V _profile = <W ₁ , W ₂ ... W ₅ >
* Each axis is described on the right. (W ₁ = news, W ₂ = animation, W ₃ = music, W ₄ = sports, W ₅ = movie)
Movie content (has the content vector shown below)
V _contents = <0, 0.4, 0.05, 0.02, 0.25>
Is viewed as a profile as follows.
V _profile = <0, 0.4, 0.05, 0.02, 0.25>
If you watch the following content vectors continuously,
V _contents = <0.04, 0, 0.1, 0.2, 0.1>
The user profile is as follows.
V _profile = <0.02, 0.2, 0.03, 0.11, 0.18>
[Matching processing]
In the matching process, a concept vector including a keyword input by the advertiser as a word is extracted from the knowledge system. Matching is performed with the concept vector of each user profile from the extracted concept vector, and a user who is interested in the advertisement is extracted. For example, consider a case where a user who is interested in an advertisement is extracted for a keyword [ticket] [present]. When [ticket] is included in the concept vector of “movie” as [word T ₅₄ : 0.02], the users are sorted by focusing on the concept vector “movie” in the user profile. It is conceivable to extract a user whose concept vector is equal to or larger than a threshold as a candidate.
[0026]
In addition, keyword [gift] is not included in the concept vector that is being used in the user profile, the concept vector W _i in the body of knowledge [word T _in: 0.3] If that is included as, the concept vector W _A method using a concept vector used for a user profile similar to _i is also conceivable. As a method described on the left, it is conceivable to calculate the similarity with each concept vector using a generally known vector space method. If the calculated similarity is equal to or greater than the threshold, the users may be sorted using the concept vector used in the user profile.
[0027]
(Equation 1)

[0028]
[Grouping processing]
In the grouping process, a user having an interest similar to the user selected by the matching process is selected, and it is determined whether or not the concept vector is close to the user's interest. Therefore, the grouping is processed in two stages. Through each step, the number of target users set by the advertiser can be increased.
[0029]
First, a concept vector in the user profile including the keyword set by the advertiser is selected by the matching process. A group having a user profile including the selected concept vector (concept) is a first group. Next, when there is a concept vector in the knowledge system including the keyword set by the advertiser, the similarity between the concept vector on the left and the concept vector in the user profile is calculated, and the similarity exceeds the threshold. The group having the user profile including the concept vector in the user profile is the second group.
[0030]
For example, when "movie" is extracted as a concept including the keyword of "ticket", a user that includes this "movie" in a user profile as a value equal to or greater than a certain threshold is extracted as a first group. Next, a similarity calculation between the concept vector in the knowledge system including the keyword [present] and the concept vector used for the similar user profile is performed, and when the calculated similarity is equal to or larger than the threshold, the similarity calculation is performed. A user that includes a used concept vector in a user profile as a value equal to or greater than a certain threshold is extracted as a second group. A group having a user profile including the concept vector (concept) selected in this way is a second group. The target number will expand to the first group, the first group + the second group. Based on the number of persons in the group and the like, concept vectors are selected so as to approach parameters such as the number of persons input by the information provider.
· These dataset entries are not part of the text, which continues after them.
-- ===== src/Context/Finished.antt =====
-- lib/sdoprotctx.c: what the result of `sdo_prot_ctx_run` says of the run.
use mathlib.Core.Option.{some-injective}
use client_sdk.Base.{
  ℕ, zero, suc, ◌≡◌, ◌≢◌, refl, ap, sym, ◌∙◌, Bool, true, false, Option, none, some, arith, ◌==◌,
  ◌||◌, if◌then◌else◌, Bool-cases, ne→==, inl, inr, Bytes,
}
use client_sdk.Env.{Env}
use client_sdk.Block.{Block}
use client_sdk.Prot.{Prot, sdo_state_done}
use client_sdk.Context.{Network, Context, Outcome, negative, nothing_moved, positive}
use client_sdk.Context.Run.{
  Step, ends, goes, conclude, after_body, receive_body, receive, after_send, after_connect,
  exchange, leave, close_block, run_loop, sdo_prot_ctx_run,
}

-- A round that does not end the loop with the result 0.
data Stays {W : Type 0} : Step W → Type 0 where
  broke : {c : Context W} {now : Bool} → Stays (ends c false now)
  going : {c : Context W} → Stays (goes c)

if-Stays : {W : Type 0} (b : Bool) {s t : Step W} → Stays s → Stays t → Stays (if b then s else t)
if-Stays true x y = x
if-Stays false x y = y

if_false-Stays :
    {W : Type 0} (b : Bool) (s t : Step W) → b ≡ false → Stays t → Stays (if b then s else t)
if_false-Stays true s t h y = cc
if_false-Stays false s t h y = y

ends-Stays :
    {W : Type 0} {s : Step W} → Stays s → (c : Context W) (now : Bool) → s ≢ ends c true now
ends-Stays broke c now x = cc
ends-Stays going c now x = cc

module _ {W : Type 0} (e : Env) (net : Network W) where
  conclude-Stays : (n : ℕ) (c : Context W) → Stays (conclude e net n c)
  unfolding conclude
  conclude-Stays n c = search (if-Stays, broke, going)

  after_body-Stays : (n : ℕ) (p : Context W × Outcome) → Stays (after_body e net n p)
  unfolding after_body
  after_body-Stays n (c, negative) = broke
  after_body-Stays n (c, nothing_moved) = broke
  after_body-Stays n (c, positive) = conclude-Stays n c

  receive_body-Stays : (n : ℕ) (c : Context W) (p : Block × Bool) → Stays (receive_body e net n c p)
  unfolding receive_body
  receive_body-Stays n c (b, false) = broke
  receive_body-Stays n c (b, true) = search (if-Stays, conclude-Stays, after_body-Stays)

  receive-Stays : (c : Context W) (p : W × Option (ℕ × ℕ)) → Stays (receive e net c p)
  unfolding receive
  receive-Stays c (w, none) = broke
  receive-Stays c (w, some (type, n)) = search receive_body-Stays

  after_send-Stays : (p : Context W × Outcome) → Stays (after_send e net p)
  unfolding after_send
  after_send-Stays (c, negative) = broke
  after_send-Stays (c, nothing_moved) = receive-Stays c _
  after_send-Stays (c, positive) = receive-Stays c _

  after_connect-Stays : (p : Context W × Bool) → Stays (after_connect e net p)
  unfolding after_connect
  after_connect-Stays (c, false) = broke
  after_connect-Stays (c, true) = after_send-Stays _

  -- A protocol that is not done does not end the loop with the result 0.
  exchange-Stays :
      (f : Prot → Prot) (c : Context W)
      → (f c.protdata).state ≢ sdo_state_done
      → Stays (exchange e net f c)
  unfolding exchange
  exchange-Stays f c more = search (if_false-Stays, if-Stays, broke, after_connect-Stays, ne→==)

  exchange-done :
      (f : Prot → Prot) (c : Context W)
      → (f c.protdata).state ≡ sdo_state_done
      → exchange e net f c ≡ ends (record c { protdata = f c.protdata }) true false
  unfolding exchange
  exchange-done f c done = ground (arith, done)

  close_block-keeps :
      (awaited : Bool) (b : Option Bytes) (c : Context W)
      → ((close_block e net awaited b c).protdata.state ≡ c.protdata.state)
        × ((close_block e net awaited b c).protdata.sdow ≡ c.protdata.sdow)
  unfolding close_block
  close_block-keeps false b c = (refl, refl)
  close_block-keeps true none c = (refl, refl)
  close_block-keeps true (some bs) c = (refl, refl)

  leave-keeps :
      (awaited : Bool) (c : Context W)
      → ((leave e net awaited c).protdata.state ≡ c.protdata.state)
        × ((leave e net awaited c).protdata.sdow ≡ c.protdata.sdow)
  unfolding leave
  leave-keeps awaited c = close_block-keeps awaited _ _

  run_loop-done :
      (f : Prot → Prot) (fuel : ℕ) (awaited : Bool) (c : Context W) {c' : Context W}
      → run_loop e net f fuel awaited c ≡ some (c', true)
      → (p : Prot) × ((f p).state ≡ sdo_state_done)
        × (c'.protdata.state ≡ sdo_state_done)
        × (c'.protdata.sdow ≡ (f p).sdow)
  unfolding run_loop
  run_loop-done f zero awaited c r = cc
  run_loop-done f (suc fuel) awaited c {c'} r =
      go (exchange e net f c) refl (λ d x. run_loop-done f fuel true d x)
    where
      go :
          (s : Step W)
          → exchange e net f c ≡ s
          → ((d : Context W)
              → run_loop e net f fuel true d ≡ some (c', true)
              → (p : Prot) × ((f p).state ≡ sdo_state_done)
                × (c'.protdata.state ≡ sdo_state_done)
                × (c'.protdata.sdow ≡ (f p).sdow))
          → (p : Prot) × ((f p).state ≡ sdo_state_done)
            × (c'.protdata.state ≡ sdo_state_done)
            × (c'.protdata.sdow ≡ (f p).sdow)
      go (goes d) x ih = ih d (rw (x, run_loop) at r)
      go (ends d false now) x ih = absurd (cc (rw (x, run_loop) at r))
      go (ends d true now) x ih = elim (Bool-cases ((f c.protdata).state == sdo_state_done)) [
        | inl is_done ↦
            let done : (f c.protdata).state ≡ sdo_state_done = ground (arith, is_done) in
            let both : Path (Context W × Bool) (leave e net (awaited || now) d, true) (c', true) =
              some-injective _ _ (rw (x, run_loop) at r) in
            let last : leave e net (awaited || now) d ≡ c' = ap (λ k. k.0) both in
            let this : Path (Step W) (ends (record c { protdata = f c.protdata }) true false)
                (ends d true now) =
              sym (exchange-done f c done) ∙ x in
            let same : d.protdata ≡ f c.protdata = cc in
            let (state, sdow) = leave-keeps (awaited || now) d in
            (
              c.protdata,
              done,
              ap (λ k. k.protdata.state) (sym last) ∙ state ∙ ap (λ k. k.state) same ∙ done,
              ap (λ k. k.protdata.sdow) (sym last) ∙ sdow ∙ ap (λ k. k.sdow) same,
            )
        | inr is_more ↦
            let more : (f c.protdata).state ≢ sdo_state_done = ground (arith, is_more) in
            absurd (ends-Stays (exchange-Stays f c more) d now x)
      ]

  -- When sdo_prot_ctx_run returns 0, the protocol has been run to the state DONE: the run that is
  -- left has that state and the writer that the last call of the protocol left.
  pub sdo_prot_ctx_run-done :
      (f : Prot → Prot) (fuel : ℕ) (c : Context W) {c' : Context W}
      → sdo_prot_ctx_run e net (some f) fuel c ≡ some (c', true)
      → (p : Prot) × ((f p).state ≡ sdo_state_done)
        × (c'.protdata.state ≡ sdo_state_done)
        × (c'.protdata.sdow ≡ (f p).sdow)
  unfolding sdo_prot_ctx_run
  sdo_prot_ctx_run-done f fuel c {c'} r = elim (Bool-cases (net.con_setup c.world).1) [
    | inl fails ↦ absurd (cc (rw fails at r))
    | inr set_up ↦ run_loop-done f fuel false _ (rw set_up at r)
  ]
In addition, the first group obtained by the grouping process, a new concept vector having a high similarity that many users in the second group have in common, and by discovering other common attributes, A third group can also be calculated.
[0031]
In the following, as an example, consider a situation in which an advertiser places an advertisement and specifies the number of distribution destinations to be 500. The advertiser inputs a keyword [example: present, ticket] representing the feature of the advertisement and the number of distribution destinations [500]. In the output, regarding the keyword [ticket] and the concept vector [movie], in the user profile, the number of users holding a certain value or more, a high concept [music] similar to the concept including the keyword [present], and In the concept vector value on the left, the number of users holding a value equal to or greater than a certain threshold is displayed.
[0032]
[User similarity calculation processing]
The similarity between each user profile vector is expressed as a distance measure on a two-dimensional plane with respect to the user extracted by the above processing. As an example, when a user profile vector of a certain user i is expressed as follows, V _profile = < _{Wi, 1} , _{Wi, 2} ... _{Wi, n} > _{Wi, n} is _n in user i. It is conceivable to use the following vector distance scale for the importance similarity calculation of the second concept.
[0033]
(Equation 2)

[0034]
Using the above equation, the degree of similarity between each user profile vector with respect to the extracted user is expressed as a distance measure on a two-dimensional plane using a multidimensional scale construction method. The arrangement (coordinates) on the plane is calculated.
[0035]
(Visualization processing)
Using the calculated arrangement (coordinates) of each user on the two-dimensional plane, the users are plotted as indicated by 303. It is also conceivable that the arrangement (coordinates) of each concept vector on a two-dimensional plane is calculated and plotted by a multidimensional scaling method together with the user. It is also conceivable to express the difference in the degree of relevance with the keyword by a color or the like.
[0036]
As described above, the invention made by the inventor has been specifically described based on the embodiment. However, the present invention is not limited to the embodiment, and can be variously modified without departing from the gist of the invention. Needless to say,
[0037]
【The invention's effect】
As described above, according to the present invention, a user is calculated based on a similarity regarding a user's preference tendency, and a user group that is likely to be interested in an advertisement product of an information provider is created. The information provider can easily select an advertisement target by selecting a user group to extract the number of persons and the number of persons as a parameter.
[Brief description of the drawings]
FIG. 1 is a system configuration diagram according to an embodiment of the present invention.
FIG. 2 is a flowchart for explaining a user classification method according to the embodiment of the present invention.
FIG. 3 is a diagram illustrating an example of visualizing a user profile using a user classification method according to an embodiment of the present invention.
FIG. 4 is a diagram illustrating an example of a knowledge system.
[Explanation of symbols]
101: Network such as the Internet, 102: User terminal, 103: Information provider terminal, 104: Server, 105: User profile storage unit, 106: Knowledge system, 107: Matching processing operation unit, 108: Grouping processing unit, 109 ... visualization processing unit, 110 ... user similarity calculation processing unit, 201 ... parameters such as keywords, 204 ... user profile vector, 205 ... matching processing, 206 ... grouping processing, 207 ... user similarity calculation processing, 208 ... visualization processing.

Claims

A user profile storage unit for storing a user profile representing personal interest created from the service usage history of each user;
A knowledge system that stores concept vectors for many words,
Is a method of extracting users having similar preferences in a system having
For a keyword group input by the information provider, a similar concept vector is calculated from the knowledge system, and a matching process is performed to perform a matching process with a user profile;
A grouping process for bringing a calculation result closer to a parameter input by an information provider;
A visualization process for visualizing a grouping process result;
Method for extracting users with similar preferences.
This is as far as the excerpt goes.